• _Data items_

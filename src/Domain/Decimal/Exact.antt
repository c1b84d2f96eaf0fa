-- ===== src/Domain/Decimal/Exact.antt =====
-- `Decimal::from_string` on every well-formed decimal text (src/domain/decimal.cpp).
use native.Mathlib.Decide.{dec_le}
use native.Mathlib.Nat.{
  pow-succ', one-le-pow, pow-le-pow_right, mod-eq_of_lt, mul-le-mul, le_refl, zero-add,
}
use fin_core_streaming_syste.Prelude.{
  ℕ, zero, suc, ◌+◌, ◌-◌, ◌*◌, ◌^◌, ◌≤◌, ◌<◌, ◌≡◌, refl, sym, ap, ◌∙◌, Bool, true, false, [], ◌∷◌,
  ◌++◌, arith, length, All, Text, ok, err, out_of_range, Message, lit,
}
use fin_core_streaming_syste.Domain.Decimal.{
  scale, max_u64, supported_range, checked_accumulate, read_whole, read_fraction, read_point,
  pad_fraction, limit_of, int64_range, apply_sign, assemble, from_unsigned, from_string,
}
use fin_core_streaming_syste.Domain.Decimal.Spelling.{
  Sign, unsigned, plus, minus, is_minus, IsDigit, point, spell, IsDecimal, value, units, signed,
  pow_add as add_powers, le-value, value-lt,
}

-- What may stand behind the digits of the whole part.
abbrev pub Stops : Text → Type 0
Stops [] = Unit
Stops (c ∷ s) = c ≡ b'.'

pub point-Stops : (fs : Text) → Stops (point fs)
point-Stops [] = tt
point-Stops (c ∷ fs) = refl

read_whole-append :
    (ws tail : Text) (w : ℕ)
    → All IsDigit ws
    → Stops tail
    → value w ws ≤ max_u64
    → read_whole (ws ++ tail) w true ≡ ok (value w ws, true, tail)
unfolding read_whole checked_accumulate
read_whole-append [] [] w h s fits = refl
read_whole-append [] (t ∷ tail) w h s fits = ground arith
read_whole-append (c ∷ ws) tail w (h, hs) s fits =
    let next = w * 10 + (c - b'0') in
    ground (arith, read_whole-append ws tail next hs s fits, le-value next ws)

read_whole-overflow :
    (ws tail : Text) (w : ℕ)
    → All IsDigit ws
    → w ≤ max_u64
    → max_u64 < value w ws
    → read_whole (ws ++ tail) w true ≡ err supported_range
unfolding read_whole checked_accumulate
read_whole-overflow [] tail w h s over = absurd (omega arith)
read_whole-overflow (c ∷ ws) tail w (h, hs) s over =
    ground (arith, read_whole-overflow ws tail (w * 10 + (c - b'0')) hs)

-- The first digit only sets `saw_whole_digit`.
read_whole-first :
    (c : ℕ) (s : Text) (saw : Bool)
    → IsDigit c
    → read_whole (c ∷ s) 0 saw ≡ read_whole (c ∷ s) 0 true
unfolding read_whole
read_whole-first c s saw h = ground arith

read_fraction-value :
    (fs : Text) (f d : ℕ)
    → All IsDigit fs
    → d + length fs ≤ 8
    → value f fs < 2 ^ 64
    → read_fraction fs f d ≡ ok (value f fs, d + length fs)
unfolding read_fraction
read_fraction-value [] f d h fits small = ground arith
read_fraction-value (c ∷ fs) f d (h, hs) fits small =
    let next = f * 10 + (c - b'0') in
    ground (arith, read_fraction-value fs next (d + 1) hs, le-value next fs)

pad_fraction-eq :
    (rounds f : ℕ) → f * 10 ^ rounds < 2 ^ 64 → pad_fraction rounds f ≡ f * 10 ^ rounds
unfolding pad_fraction
pad_fraction-eq zero f h = omega arith
pad_fraction-eq (suc rounds) f h =
    let p = 10 ^ rounds in
    let e : f * 10 ^ suc rounds ≡ f * 10 * p = rw (pow-succ' 10 rounds) (omega arith) in
    let one : 1 ≤ p = one-le-pow rounds 10 (omega arith) in
    let small : f * 10 < 2 ^ 64 = grind (arith, mul-le-mul (le_refl (f * 10)) one) in
    rw (e, mod-eq_of_lt small) (pad_fraction-eq rounds (f * 10) (omega arith))

-- The fraction, scaled to eight digits, stays below one whole unit.
fraction-lt :
    (fs : Text) → All IsDigit fs → length fs ≤ 8 → value 0 fs * 10 ^ (8 - length fs) < scale
fraction-lt fs h fits =
    let k = length fs in
    let p = 10 ^ (8 - k) in
    let split : (8 - k) + k ≡ 8 = omega arith in
    let whole : p * 10 ^ k ≡ scale = sym (add_powers (8 - k) k) ∙ ap (λ (n : ℕ). 10 ^ n) split in
    let one : 1 ≤ p = one-le-pow (8 - k) 10 (omega arith) in
    let low : value 0 fs + 1 ≤ 10 ^ k = omega (arith, value-lt 0 fs h) in
    omega (arith, mul-le-mul low (le_refl p), whole, one)

read_point-point :
    (fs : Text)
    → All IsDigit fs
    → length fs ≤ 8
    → read_point (point fs) ≡ ok (value 0 fs, length fs)
unfolding read_point
read_point-point [] h fits = refl
read_point-point (c ∷ fs) h fits =
    let bound : 10 ^ length (c ∷ fs) ≤ 10 ^ 8 = pow-le-pow_right (omega arith) fits in
    let small : value 0 (c ∷ fs) < 2 ^ 64 = omega (arith, value-lt 0 (c ∷ fs) h, bound) in
    rw (zero-add (length (c ∷ fs))) at (read_fraction-value (c ∷ fs) 0 0 h (omega arith) small)

apply_sign-signed :
    (negative : Bool) (m : ℕ) → m ≤ limit_of negative → apply_sign negative m ≡ signed negative m
unfolding apply_sign
apply_sign-signed false m h = ground arith
apply_sign-signed true zero h = refl
apply_sign-signed true (suc m) h = ground arith

-- The range check is exact.
assemble-ok :
    (negative : Bool) (w f : ℕ)
    → f < scale
    → w * scale + f ≤ limit_of negative
    → assemble negative w f ≡ ok (signed negative (w * scale + f))
unfolding assemble
assemble-ok negative w f h fits =
    let m = w * scale + f in
    let small : m < 2 ^ 64 = ground arith in
    rw (mod-eq_of_lt small, apply_sign-signed negative m fits) (ground arith)

assemble-overflow :
    (negative : Bool) (w f : ℕ)
    → f < scale
    → limit_of negative < w * scale + f
    → assemble negative w f ≡ err int64_range
unfolding assemble
assemble-overflow negative w f h over = ground arith

-- From the start of the digits.
read_whole-digits :
    (c : ℕ) (ws tail : Text)
    → All IsDigit (c ∷ ws)
    → Stops tail
    → value 0 (c ∷ ws) ≤ max_u64
    → read_whole (c ∷ (ws ++ tail)) 0 false ≡ ok (value 0 (c ∷ ws), true, tail)
read_whole-digits c ws tail h s fits =
    read_whole-first c (ws ++ tail) false h.0 ∙ read_whole-append (c ∷ ws) tail 0 h s fits

read_whole-digits_overflow :
    (c : ℕ) (ws tail : Text)
    → All IsDigit (c ∷ ws)
    → max_u64 < value 0 (c ∷ ws)
    → read_whole (c ∷ (ws ++ tail)) 0 false ≡ err supported_range
read_whole-digits_overflow c ws tail h over =
    read_whole-first c (ws ++ tail) false h.0
    ∙ read_whole-overflow (c ∷ ws) tail 0 h (omega arith) over

-- Behind the sign, where the whole part fits a word.
from_unsigned-assemble :
    (negative : Bool) (ws fs : Text)
    → IsDecimal ws fs
    → value 0 ws ≤ max_u64
    → from_unsigned negative (ws ++ point fs)
      ≡ assemble negative (value 0 ws) (value 0 fs * 10 ^ (8 - length fs))
unfolding from_unsigned
from_unsigned-assemble negative [] fs d fits = absurd (d.has_whole refl)
from_unsigned-assemble negative (c ∷ ws) fs d fits =
    let low = fraction-lt fs d.fraction_digits d.fits in
    let small : value 0 fs * 10 ^ (8 - length fs) < 2 ^ 64 = omega arith in
    rw (
      read_whole-digits c ws (point fs) d.whole_digits (point-Stops fs) fits,
      read_point-point fs d.fraction_digits d.fits,
      pad_fraction-eq (8 - length fs) (value 0 fs) small,
    )

from_unsigned-overflow :
    (negative : Bool) (ws fs : Text)
    → IsDecimal ws fs
    → max_u64 < value 0 ws
    → from_unsigned negative (ws ++ point fs) ≡ err supported_range
unfolding from_unsigned
from_unsigned-overflow negative [] fs d over = absurd (d.has_whole refl)
from_unsigned-overflow negative (c ∷ ws) fs d over =
    rw (read_whole-digits_overflow c ws (point fs) d.whole_digits over)

-- The sign decides the limit, and nothing else.
from_string-spell :
    (sign : Sign) (ws fs : Text)
    → IsDecimal ws fs
    → from_string (spell sign ws fs) ≡ from_unsigned (is_minus sign) (ws ++ point fs)
unfolding from_string
from_string-spell unsigned [] fs d = absurd (d.has_whole refl)
from_string-spell unsigned (c ∷ ws) fs d = ground arith
from_string-spell plus ws fs d = refl
from_string-spell minus ws fs d = refl

-- A well-formed text whose value fits an `int64_t` of units of 10^-8 is read as exactly that value.
pub from_string_exact :
    (sign : Sign) (ws fs : Text)
    → IsDecimal ws fs
    → units ws fs ≤ limit_of (is_minus sign)
    → from_string (spell sign ws fs) ≡ ok (signed (is_minus sign) (units ws fs))
from_string_exact sign ws fs d h =
    let small : value 0 ws ≤ max_u64 = ground (arith) in
    from_string-spell sign ws fs d
    ∙ from_unsigned-assemble (is_minus sign) ws fs d small
    ∙ assemble-ok (is_minus sign) (value 0 ws) _ (fraction-lt fs d.fraction_digits d.fits) h

-- A well-formed text whose value does not fit is refused with `out_of_range`: nothing wraps around.
pub from_string_overflow :
    (sign : Sign) (ws fs : Text)
    → IsDecimal ws fs
    → limit_of (is_minus sign) < units ws fs
    → (m : Message) × (from_string (spell sign ws fs) ≡ err (out_of_range m))
from_string_overflow sign ws fs d h = elim (dec_le (value 0 ws) max_u64) [
  | yes small ↦ (
    lit "decimal value exceeds int64 range",
    from_string-spell sign ws fs d
        ∙ from_unsigned-assemble (is_minus sign) ws fs d small
        ∙ assemble-overflow (is_minus sign) (value 0 ws) _ (fraction-lt fs d.fraction_digits d.fits)
            h,
  )
  | no large ↦ (
    lit "decimal value exceeds the supported range",
    from_string-spell sign ws fs d ∙ from_unsigned-overflow (is_minus sign) ws fs d (omega arith),
  )
]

• _TASK INSTRUCTIONS_
Each line of the records, from the opening one through the line holding "Stops (c ∷ s) = c ≡ b'.'", should be restated word for word, with nothing else in the answer.

• _ANSWER TO THE EXERCISE_
filename src/Domain/Decimal/Exact.antt
repository c1b84d2f96eaf0fa
-- ===== src/Domain/Decimal/Exact.antt =====
-- `Decimal::from_string` on every well-formed decimal text (src/domain/decimal.cpp).
use native.Mathlib.Decide.{dec_le}
use native.Mathlib.Nat.{
  pow-succ', one-le-pow, pow-le-pow_right, mod-eq_of_lt, mul-le-mul, le_refl, zero-add,
}
use fin_core_streaming_syste.Prelude.{
  ℕ, zero, suc, ◌+◌, ◌-◌, ◌*◌, ◌^◌, ◌≤◌, ◌<◌, ◌≡◌, refl, sym, ap, ◌∙◌, Bool, true, false, [], ◌∷◌,
  ◌++◌, arith, length, All, Text, ok, err, out_of_range, Message, lit,
}
use fin_core_streaming_syste.Domain.Decimal.{
  scale, max_u64, supported_range, checked_accumulate, read_whole, read_fraction, read_point,
  pad_fraction, limit_of, int64_range, apply_sign, assemble, from_unsigned, from_string,
}
use fin_core_streaming_syste.Domain.Decimal.Spelling.{
  Sign, unsigned, plus, minus, is_minus, IsDigit, point, spell, IsDecimal, value, units, signed,
  pow_add as add_powers, le-value, value-lt,
}

-- What may stand behind the digits of the whole part.
abbrev pub Stops : Text → Type 0
Stops [] = Unit
Stops (c ∷ s) = c ≡ b'.'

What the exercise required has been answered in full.